O mercado de títulos de crédito ganhou projeção nos últimos meses e tem atraído muitos investidores do varejo. Com a recente volatilidade das aplicações em renda variável, um número maior de investidores optou por se proteger aplicando em recebíveis, entre os quais estão os Fundos de Investimento em Direitos Creditórios (Fidics). Dados da Associação Brasileira das Entidades dos Mercados Financeiro e de Capitais (Anbima) mostram que somente no primeiro trimestre de 2020 foram capitalizados mais de R$ 63,6 bilhões em títulos de crédito. Os fundos de duração com baixo grau de investimento (high grade) foram o destaque de resgates em março, com R$ 44 bilhões, e também no trimestre (R$ 75,9 bilhões), o que aponta para o conservadorismo do investidor. Enquanto isso, a captação no trimestre dos fundos de ações foi de R$ 45 bilhões e dos fundos multimercados, R$ 14,4 bilhões.

Agora a situação é outra. Muitos investidores querem saber como o mercado de fundos de recebíveis irá se comportar, sobretudo diante do cenário de piora dos resultados das pequenas e médias empresas em função da crise provocada pela Covid-19. E os sinais de alerta já movimentam o mercado. “Não podemos afirmar que a evasão da renda fixa tem como destino o mercado de ações ou os multimercados, mas levando em consideração a situação do País (e até do mundo), sabe-se que quanto mais vende, mais cai o preço”, afirma Otávio Vieira, sócio gestor da Taler Gestão de Patrimônios. “Esse fluxo de resgates mais acentuado faz com que os fundos anunciem os papéis ao mercado para tentar trocar esses títulos por liquidez e assim entregar o dinheiro para o cotista que estava resgatando”, diz Juliano Custódio, CEO da EQI Investimentos.

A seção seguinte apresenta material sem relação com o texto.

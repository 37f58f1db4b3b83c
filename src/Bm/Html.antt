-- ===== src/Bm/Html.antt =====
-- utils/bm.go: toHTML.
pub mod Escape
pub mod Paragraph
use mathlib.Core.Option.{map as map_some}
use cfg.Base.{List, Option, [], drop, if◌then◌else◌, none, some, ◌++◌, ◌==◌, ◌||◌, ◌∷◌}
use cfg.Text.{Text, codes, has_prefix, split, text_eq, trim_left, trim_right, trim_space}
use cfg.Bm.Replace.{Pairs, replace}

pub data Mode : Type 0 where
  none_mode blockquote_mode p_mode pre_mode ul_mode : Mode

unfoldable pub close : Mode → Text
close none_mode = []
close blockquote_mode = codes "</p></blockquote>"
close p_mode = codes "</p>"
close pre_mode = codes "</pre>"
close ul_mode = codes "</li></ul>"

abbrev pub escapes : Pairs
escapes =
    (codes "&", codes "&amp;")
    ∷ (codes "<", codes "&lt;")
    ∷ (codes ">", codes "&gt;")
    ∷ (codes "\"", codes "&quot;")
    ∷ (codes "'", codes "&#039;")
    ∷ []

-- The mode after a line and what is written for it, or `none` for log.Fatal.
abbrev pub Step : Type 0
Step = Option (Mode × Text)

-- A line that starts with a blank
unfoldable pub blank_line : Mode → Text → Step
unfolding trim_space text_eq
blank_line none_mode line = some (
  pre_mode,
  (if text_eq (trim_space line) [] then line ++ codes "<pre>" else codes "<pre>" ++ line),
)
blank_line blockquote_mode line = some (blockquote_mode, line)
blank_line p_mode line = some (p_mode, line)
blank_line pre_mode line = some (pre_mode, line)
blank_line ul_mode line = some (ul_mode, line)

unfoldable pub item : Text → Text
unfolding trim_left
item line = codes "<!-- - -->" ++ trim_left (λ c. c == b' ') (drop 2 line)

abbrev pub item_line : Mode → Text → Step
item_line none_mode line = some (ul_mode, codes "<ul><li>" ++ item line)
item_line ul_mode line = some (ul_mode, codes "</li><li>" ++ item line)
item_line blockquote_mode line = some (blockquote_mode, line)
item_line p_mode line = some (p_mode, line)
item_line pre_mode line = some (pre_mode, line)

abbrev pub heading_line : Mode → Text → Step
heading_line none_mode line =
    some (none_mode, codes "<!-- # --><p style=font-weight:bold>" ++ drop 2 line ++ codes "</p>")
heading_line blockquote_mode line = none
heading_line p_mode line = none
heading_line pre_mode line = none
heading_line ul_mode line = none

abbrev pub open_quote : Text
open_quote =
    codes "<blockquote style='border-left:solid 0.25em darkgray;padding:0 0.5em;margin:1em 0'><p>"

abbrev pub quote_line : Mode → Text → Step
quote_line none_mode line =
    some
      (blockquote_mode, open_quote ++ codes "<span style=display:none>&gt; </span>" ++ drop 5 line)
quote_line blockquote_mode line = some (blockquote_mode, codes "<!-- &gt; -->" ++ drop 5 line)
quote_line p_mode line = some (p_mode, line)
quote_line pre_mode line = some (pre_mode, line)
quote_line ul_mode line = some (ul_mode, line)

-- Any other line; a quote has empty lines.
unfoldable pub text_line : Mode → Text → Step
unfolding text_eq
text_line none_mode line = some (p_mode, codes "<p>" ++ line)
text_line blockquote_mode line = some (
  blockquote_mode,
  (if text_eq line (codes "&gt;")
      then codes "</p><p><span style=display:none>&gt;</span>"
      else line),
)
text_line p_mode line = some (p_mode, line)
text_line pre_mode line = some (pre_mode, line)
text_line ul_mode line = some (ul_mode, line)

unfoldable pub step : Mode → Text → Step
unfolding close blank_line text_line has_prefix
step m [] = some (none_mode, close m)
step m (c ∷ s) =
    if c == b' '
    then blank_line m (c ∷ s)
    else if has_prefix (c ∷ s) (codes "- ")
    then item_line m (c ∷ s)
    else if has_prefix (c ∷ s) (codes "# ") || has_prefix (c ∷ s) (codes "## ")
    then heading_line m (c ∷ s)
    else if has_prefix (c ∷ s) (codes "&gt; ")
    then quote_line m (c ∷ s)
    else text_line m (c ∷ s)

-- The loop over the lines and the close after it.
unfoldable pub htmlize : Mode → List Text → Option Text
unfolding step close
htmlize m [] = some (close m)
htmlize m (line ∷ lines) = elim (step m line) [
  | none ↦ none
  | some s ↦ map_some (λ rest. s.1 ++ b'\n' ∷ rest) (htmlize s.0 lines)
]

unfoldable pub finish : Text → Text
unfolding replace trim_right
finish output =
    trim_right (λ c. c == b'\n') (replace ((codes "</pre>\n<pre>", codes "\n") ∷ []) output)
    ++ codes "</div>\n"

-- `linkify` stands for the regular expression of package regexp that puts links into tags.
unfoldable pub to_html : (linkify : Text → Text) → Text → Option Text
unfolding replace htmlize finish split
to_html linkify input =
    map_some (λ html. finish (codes "<div style=max-width:50em>" ++ html))
      (htmlize none_mode (split b'\n' (linkify (replace escapes input))))
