-- ===== src/Bm/Markdown.antt =====
-- utils/bm.go: toMarkdown. The three regular expressions are written out as scans.
use cfg.Base.{
  Bool, Option, [], any, drop, false, if◌then◌else◌, leb, length, none, some, suc, true, zero, ℕ,
  ◌&&◌, ◌++◌, ◌+◌, ◌==◌, ◌∷◌,
}
use cfg.Text.{Text, before, codes, has_prefix, trim_space}
use cfg.Bm.Replace.{Pairs, replace}

-- <!-- ([^ ]*) --> at the start of a text: the word, if there is a match.
unfoldable pub marker : Text → Option Text
unfolding before has_prefix
marker s =
    let word = before b' ' (drop 5 s) in
    if has_prefix s (codes "<!-- ") && has_prefix (drop (5 + length word) s) (codes " -->")
    then some word
    else none

-- The markers are replaced by their words and a blank; the first bytes are passed over.
unfoldable pub uncomment_from : ℕ → Text → Text
unfolding marker
uncomment_from n [] = []
uncomment_from (suc n) (c ∷ s) = uncomment_from n s
uncomment_from zero (c ∷ s) = elim (marker (c ∷ s)) [
  | none ↦ c ∷ uncomment_from 0 s
  | some word ↦ word ++ b' ' ∷ uncomment_from (8 + length word) s
]

-- <[^>]*> is replaced by nothing.
unfoldable pub strip_tags : (inside : Bool) → Text → Text
strip_tags inside [] = []
strip_tags true (c ∷ s) =
    let within = strip_tags true s in
    let outside = strip_tags false s in if c == b'>' then outside else within
strip_tags false (c ∷ s) =
    let within = strip_tags true s in
    let outside = strip_tags false s in
    if c == b'<' && any (λ d. d == b'>') s then within else c ∷ outside

-- \n\n\n+ is replaced by two of them; `n` newlines stand before.
unfoldable pub squeeze : ℕ → Text → Text
squeeze n [] = []
squeeze n (c ∷ s) =
    let at_end = squeeze n s in
    let one_more = squeeze (suc n) s in
    let anew = squeeze 0 s in
    if c == b'\n' then (if leb 2 n then at_end else c ∷ one_more) else c ∷ anew

abbrev pub restores : Pairs
restores =
    (codes "&lt;", codes "<")
    ∷ (codes "&gt;", codes ">")
    ∷ (codes "&quot;", codes "\"")
    ∷ (codes "&#039;", codes "'")
    ∷ []

-- The escaped bytes are restored, the ampersand last.
unfoldable pub unescape : Text → Text
unfolding replace
unescape s = replace ((codes "&amp;", codes "&") ∷ []) (replace restores s)

unfoldable pub to_markdown : Text → Text
unfolding uncomment_from strip_tags squeeze trim_space unescape
to_markdown input =
    unescape (squeeze 0 (trim_space (strip_tags false (uncomment_from 0 input)) ++ b'\n' ∷ []))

“Seja por conta de despesas pessoais ou porque o investidor enxerga oportunidade em ativos que tiveram queda de preço, ele busca sua liquidez”Juliano Custódio CEO da EQI Investimentos. (Crédito:Divulgação)

É possível perder dinheiro na renda fixa? Muita gente pensa que não, mas é possível. Em momentos de crise como a que estamos vivendo, uma procura enorme por liquidez toma conta do mercado, não apenas no Brasil, mas no mundo como um todo. “Estamos passando por esse momento agora, muito parecido com que ocorreu no fim de 2019. Seja por conta de despesas pessoais, ou porque o investidor enxerga oportunidade em ativos com mais risco que tiveram quedas, como as ações, ele busca sua liquidez”, diz Custódio. Se a busca por liquidez é geral, quem irá comprar os títulos que estão à venda? “Boa parte desses fundos tem resgate quase imediato — o cotista pede o resgate e o dinheiro cai na conta em até um dia útil —, então o gestor não tem muito tempo para pensar, precisa vender e vender rápido para atender esse resgate”, diz Felipe Prata, CEO da Nest Asset Management.

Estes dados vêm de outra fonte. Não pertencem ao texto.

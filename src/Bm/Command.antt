-- ===== src/Bm/Command.antt =====
-- utils/bm.go: main up to the server, and what it does with its input.
pub mod Again
use cfg.Base.{
  Bool, List, Option, [], false, if◌then◌else◌, none, not, some, true, ◌&&◌, ◌++◌, ◌||◌, ◌∷◌,
}
use cfg.Text.{Text, codes, has_prefix}
use cfg.Bm.Html.{item, to_html}
use cfg.Bm.Markdown.{to_markdown}

-- The flags -q, -r, -f and -t
pub record Flags : Type 0 where
  pub q : Bool
  pub r : Bool
  pub f : Text
  pub t : Text

unfoldable pub is_set : Text → Bool
is_set [] = false
is_set (c ∷ s) = true

-- The file and the item by the arguments, or `none` for an incorrect usage. `exists` stands for os.Stat.
unfoldable pub by_args : (exists : Text → Bool) → Flags → List Text → Option Flags
unfolding is_set
by_args exists flags [] = some flags
by_args exists flags (a ∷ args) = if is_set flags.t || is_set flags.f then none else elim args [
  | [] ↦ if exists a then some (record flags { f = a }) else some (record flags { t = a })
  | b ∷ rest ↦ elim rest [ [] ↦ some (record flags { f = a; t = b }) | c ∷ more ↦ none ]
]

-- The item of the todo file where no file is given
unfoldable pub with_todo : (home : Text) → Flags → Flags
unfolding is_set
with_todo home flags =
    if is_set flags.t && not (is_set flags.f)
    then record flags { f = home ++ codes "/todo" }
    else flags

pub data Action : Type 0 where
  print_usage quote_input convert_input : Action
  quote_file serve_file : (file item : Text) → Action

unfoldable pub act : Option Flags → Action
unfolding is_set
act none = print_usage
act (some flags) =
    if is_set flags.f
    then (if flags.q then quote_file flags.f flags.t else serve_file flags.f flags.t)
    else if flags.q
    then quote_input
    else convert_input

unfoldable pub main : (exists : Text → Bool) (home : Text) → Flags → List Text → Action
unfolding by_args with_todo act
main exists home flags args = elim (by_args exists flags args) [
  | none ↦ act none
  | some chosen ↦ act (some (with_todo home chosen))
]

-- The conversion of standard input, or `none` for log.Fatal
unfoldable pub convert : (linkify : Text → Text) (restore : Bool) → Text → Option Text
unfolding has_prefix to_html to_markdown
convert linkify restore input =
    let is_html = has_prefix input (codes "<") in
    if restore && is_html
    then some (to_markdown input)
    else if not restore && not is_html
    then to_html linkify input
    else some input
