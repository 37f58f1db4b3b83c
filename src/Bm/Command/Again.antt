-- ===== src/Bm/Command/Again.antt =====
-- utils/bm.go: a text that was converted is not converted once more.
use mathlib.Core.Option.{map as map_some, some_inj}
use cfg.Base.{
  Bool, Bool-cases, Option, [], arith, false, inl, inr, none, refl, some, subst, sym, true, ℕ, ◌++◌,
  ◌==◌, ◌∷◌, ◌≡◌,
}
use cfg.Text.{Text, codes, has_prefix, split, trim_byte, trim_right}
use cfg.Bm.Replace.{Pairs, match_pair, replace, replace_from}
use cfg.Bm.Html.{escapes, finish, htmlize, none_mode, to_html}
use cfg.Bm.Command.{convert}

trim_byte-head :
    (test : ℕ → Bool) (c : ℕ) (s t : Text)
    → test c ≡ false
    → has_prefix (trim_byte test c s ++ t) (c ∷ []) ≡ true
unfolding trim_byte has_prefix
trim_byte-head test c [] t h = rw h (ground arith)
trim_byte-head test c (d ∷ s) t h = ground arith

abbrev closing : Pairs
closing = (codes "</pre>\n<pre>", codes "\n") ∷ []

replace-tag :
    (s : Text)
    → has_prefix s (codes "/") ≡ false
    → replace closing (b'<' ∷ s) ≡ b'<' ∷ replace closing s
unfolding replace replace_from match_pair has_prefix
replace-tag [] h = refl
replace-tag (c ∷ s) h = ground (arith, h)

trim_right-head :
    (test : ℕ → Bool) (c : ℕ) (s t : Text)
    → test c ≡ false
    → has_prefix (trim_right test (c ∷ s) ++ t) (c ∷ []) ≡ true
unfolding trim_right
trim_right-head test c s t h = trim_byte-head test c (trim_right test s) t h

finish-html :
    (html : Text)
    → has_prefix (finish (codes "<div style=max-width:50em>" ++ html)) (codes "<") ≡ true
unfolding finish has_prefix
finish-html html =
    subst (λ r. has_prefix (trim_right (λ c. c == b'\n') r ++ codes "</div>\n") (codes "<") ≡ true)
      (sym (replace-tag (codes "div style=max-width:50em>" ++ html) refl))
      (trim_right-head (λ c. c == b'\n') b'<'
        (replace closing (codes "div style=max-width:50em>" ++ html)) (codes "</div>\n") refl)

to_html-html :
    (linkify : Text → Text) (input output : Text)
    → to_html linkify input ≡ some output
    → has_prefix output (codes "<") ≡ true
unfolding to_html
to_html-html linkify input output h =
    made (htmlize none_mode (split b'\n' (linkify (replace escapes input)))) h
  where
    made :
        (o : Option Text)
        → map_some (λ html. finish (codes "<div style=max-width:50em>" ++ html)) o ≡ some output
        → has_prefix output (codes "<") ≡ true
    made none k = absurd (cc)
    made (some html) k = rw (sym (some_inj.0 k)) (finish-html html)

-- Whatever input becomes, a second conversion leaves it as it is.
pub convert_twice :
    (linkify : Text → Text) (input output : Text)
    → convert linkify false input ≡ some output
    → convert linkify false output ≡ some output
unfolding convert
convert_twice linkify input output h = elim (Bool-cases (has_prefix input (codes "<"))) [
  | inl e ↦
      let same : input ≡ output = some_inj.0 (rw e at h) in
      rw (subst (λ t. has_prefix t (codes "<") ≡ true) same e)
  | inr e ↦ rw (to_html-html linkify input output (rw e at h))
]
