-- ===== src/Archive/Names.antt =====
-- hub/storage/tarball.py: `_canonical_member_name`.
pub mod Canonical
use ori_skills_hub.Prelude.{
  ℕ, Text, Bool, true, false, not, ◌&&◌, ◌||◌, Option, none, some, List, [], ◌∷◌, ◌++◌, any, is_nil,
  codes, text_eq, leb, ◌==◌, split, join, starts_with, contains, Result, ok, err, ◌>>=◌, ◌>>◌,
  guard, reject, if◌then◌else◌,
}
use ori_skills_hub.Archive.{
  ArchiveError, safety, limit, not_utf8, TarballLimits, TarMember, Platform,
}

abbrev pub slash : ℕ
slash = 47

abbrev pub has : ℕ → Text → Bool
has c s = any (λ d. d == c) s

-- `parts[:-1]` where the last part is empty.
unfoldable pub drop_empty_last : List Text → List Text
drop_empty_last [] = []
drop_empty_last (part ∷ []) = if is_nil part then [] else part ∷ []
drop_empty_last (part ∷ next ∷ parts) = part ∷ drop_empty_last (next ∷ parts)

abbrev pub is_dot_part : Text → Bool
is_dot_part part = is_nil part || text_eq part (codes ".") || text_eq part (codes "..")

-- `first[0].isalpha() and first[1] == ":"`, of the first part.
unfoldable pub has_drive : (ℕ → Bool) → List Text → Bool
has_drive is_alpha ((letter ∷ colon ∷ rest) ∷ parts) = is_alpha letter && colon == b':'
has_drive is_alpha _ = false

-- `component.endswith((" ", "."))`
unfoldable pub ends_badly : Text → Bool
ends_badly [] = false
ends_badly (c ∷ []) = c == b' ' || c == b'.'
ends_badly (c ∷ d ∷ s) = ends_badly (d ∷ s)

-- `component.split(".", 1)[0]`
unfoldable pub stem : Text → Text
stem [] = []
stem (c ∷ s) = let rest = stem s in if c == b'.' then [] else c ∷ rest

-- `_WINDOWS_RESERVED_NAMES`
abbrev pub windows_reserved_names : List Text
windows_reserved_names =
    codes "aux"
    ∷ codes "con"
    ∷ codes "conin$"
    ∷ codes "conout$"
    ∷ codes "nul"
    ∷ codes "prn"
    ∷ codes "com1"
    ∷ codes "com2"
    ∷ codes "com3"
    ∷ codes "com4"
    ∷ codes "com5"
    ∷ codes "com6"
    ∷ codes "com7"
    ∷ codes "com8"
    ∷ codes "com9"
    ∷ codes "lpt1"
    ∷ codes "lpt2"
    ∷ codes "lpt3"
    ∷ codes "lpt4"
    ∷ codes "lpt5"
    ∷ codes "lpt6"
    ∷ codes "lpt7"
    ∷ codes "lpt8"
    ∷ codes "lpt9"
    ∷ []

abbrev pub encoded_size : Platform → ArchiveError → Text → Result ArchiveError ℕ
encoded_size p raised s = elim (p.utf8_size s) [ none ↦ err raised | some n ↦ ok n ]

unfoldable pub check_component : Platform → Text → Result ArchiveError (Unit {0})
check_component p component = do
  size ← encoded_size p not_utf8 component
  guard (leb size 255) limit
  reject (ends_badly component) safety
  reject (has b':' component) safety
  reject (contains windows_reserved_names (p.casefold (stem component))) safety

unfoldable pub check_components : Platform → List Text → Result ArchiveError (Unit {0})
check_components p [] = ok tt
check_components p (component ∷ rest) = do check_component p component; check_components p rest

-- The parts of the name.
abbrev pub member_parts : TarMember → List Text
member_parts member =
    let parts = split slash member.name in if member.is_dir then drop_empty_last parts else parts

unfoldable pub canonical_member_name :
    Platform → TarballLimits → TarMember → Result ArchiveError Text
unfolding check_components
canonical_member_name p limits member = do
  reject (is_nil member.name) safety
  reject (starts_with (codes "/") member.name) safety
  reject (has b'\\' member.name) safety
  reject (any p.is_control member.name) safety
  let parts = member_parts member
  reject (is_nil parts || any is_dot_part parts) safety
  reject (has_drive p.is_alpha parts) safety
  guard (text_eq (p.normalize (join slash parts)) (join slash parts)) safety
  size ← encoded_size p safety (join slash parts)
  guard (leb size limits.max_path_bytes) limit
  check_components p parts
  ok (join slash parts)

“Não podemos afirmar que a evasão da renda fixa tem como destino o mercado de ações, mas sabe-se que quanto mais vende, mais cai o preço” Otávio Vieira, sócio da Taler Gestão de Patrimônios. (Crédito:Divulgação)

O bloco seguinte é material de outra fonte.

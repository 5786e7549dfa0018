-- ===== src/Archive/Tree.antt =====
-- hub/storage/tarball.py: `_validate_path_relationships`. The two dictionaries are association
-- lists, the newest entry first.
pub mod Shape
use ori_skills_hub.Prelude.{
  ℕ, zero, suc, ◌-◌, Text, Bool, true, false, not, ◌&&◌, ◌||◌, Option, none, some, List, [], ◌∷◌,
  ◌++◌, any, is_some, length, take, codes, text_eq, split, join, starts_with, Result, ok, err,
  ◌>>=◌, ◌>>◌, reject, if◌then◌else◌,
}
use ori_skills_hub.Archive.{ArchiveError, safety}
use ori_skills_hub.Archive.Names.{slash}

-- `mapping.get(key)`
unfoldable pub lookup : {A : Type 0} → List (Text × A) → Text → Option A
lookup [] k = none
lookup ((j, a) ∷ rest) k = let found = lookup rest k in if text_eq j k then some a else found

-- `seen_paths`: whether the folded path is a directory. `seen_prefix_spellings`: the spelling of
-- each folded prefix.
pub record SeenPaths : Type 0 where
  pub paths : List (Text × Bool)
  pub spellings : List (Text × Text)

-- `"/".join(components[:index])`
abbrev pub prefix : List Text → ℕ → Text
prefix components index = join slash (take index components)

abbrev pub is_other_spelling : Option Text → Text → Bool
is_other_spelling none spelling = false
is_other_spelling (some prior) spelling = not (text_eq prior spelling)

-- The rounds from this index on, as many as are left.
unfoldable pub check_prefixes :
    List Text → List Text → ℕ → ℕ → List (Text × Text) → Result ArchiveError (List (Text × Text))
check_prefixes original folded zero index spellings = ok spellings
check_prefixes original folded (suc left) index spellings = do
  reject (is_other_spelling (lookup spellings (prefix folded index)) (prefix original index)) safety
  check_prefixes original folded left (suc index)
      ((prefix folded index, prefix original index) ∷ spellings)

abbrev pub is_file_entry : Option Bool → Bool
is_file_entry none = false
is_file_entry (some is_directory) = not is_directory

-- One of the prefixes from this index on, as many as are left, is a regular file.
unfoldable pub has_file_parent : List (Text × Bool) → List Text → ℕ → ℕ → Bool
has_file_parent paths folded zero index = false
has_file_parent paths folded (suc left) index =
    is_file_entry (lookup paths (prefix folded index))
    || has_file_parent paths folded left (suc index)

abbrev pub is_inside : Text → Text × Bool → Bool
is_inside folded entry = starts_with (folded ++ codes "/") entry.0

unfoldable pub validate_path_relationships :
    (Text → Text) → Text → Bool → SeenPaths → Result ArchiveError SeenPaths
unfolding check_prefixes has_file_parent lookup
validate_path_relationships casefold name is_directory seen = do
  let folded = casefold name
  let components = split slash folded
  reject (is_some (lookup seen.paths folded)) safety
  spellings ← check_prefixes (split slash name) components (length components) 1 seen.spellings
  reject (has_file_parent seen.paths components (length components - 1) 1) safety
  reject (not is_directory && any (is_inside folded) seen.paths) safety
  ok (record { paths = (folded, is_directory) ∷ seen.paths; spellings = spellings })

PODER AO BC A Proposta de Emenda à Constituição (PEC) 10/20, também conhecida como Orçamento de Guerra, prevê medidas que têm por objetivo aumentar a liquidez de empresas, mas cujo efeito colateral é deixar o Tesouro Nacional exposto a papéis com alto risco de inadimplência. Pelo texto da PEC (leia mais à página 18), o Banco Central poderia atuar na negociação de títulos privados no mercado secundário — como debêntures, carteiras de créditos e certificados de depósitos bancários (CDBs). A indefinição do Orçamento de Guerra no Senado é vista com preocupação pelo mercado. “Precisamos de medidas drásticas para uma quarentena vir a ser cumprida de verdade pelos brasileiros e os casos pararem de crescer. Quanto mais incertezas, mais decisões erradas e prejuízos”, diz Otávio Vieira, sócio gestor da Taler Investimentos. “O Brasil não tem noção das consequências que sofrerá com a incerteza plantada pelo governo. Não é hora de aumentar esse sentimento e sim de executar as políticas econômicas que já estão aprovadas”, conclui.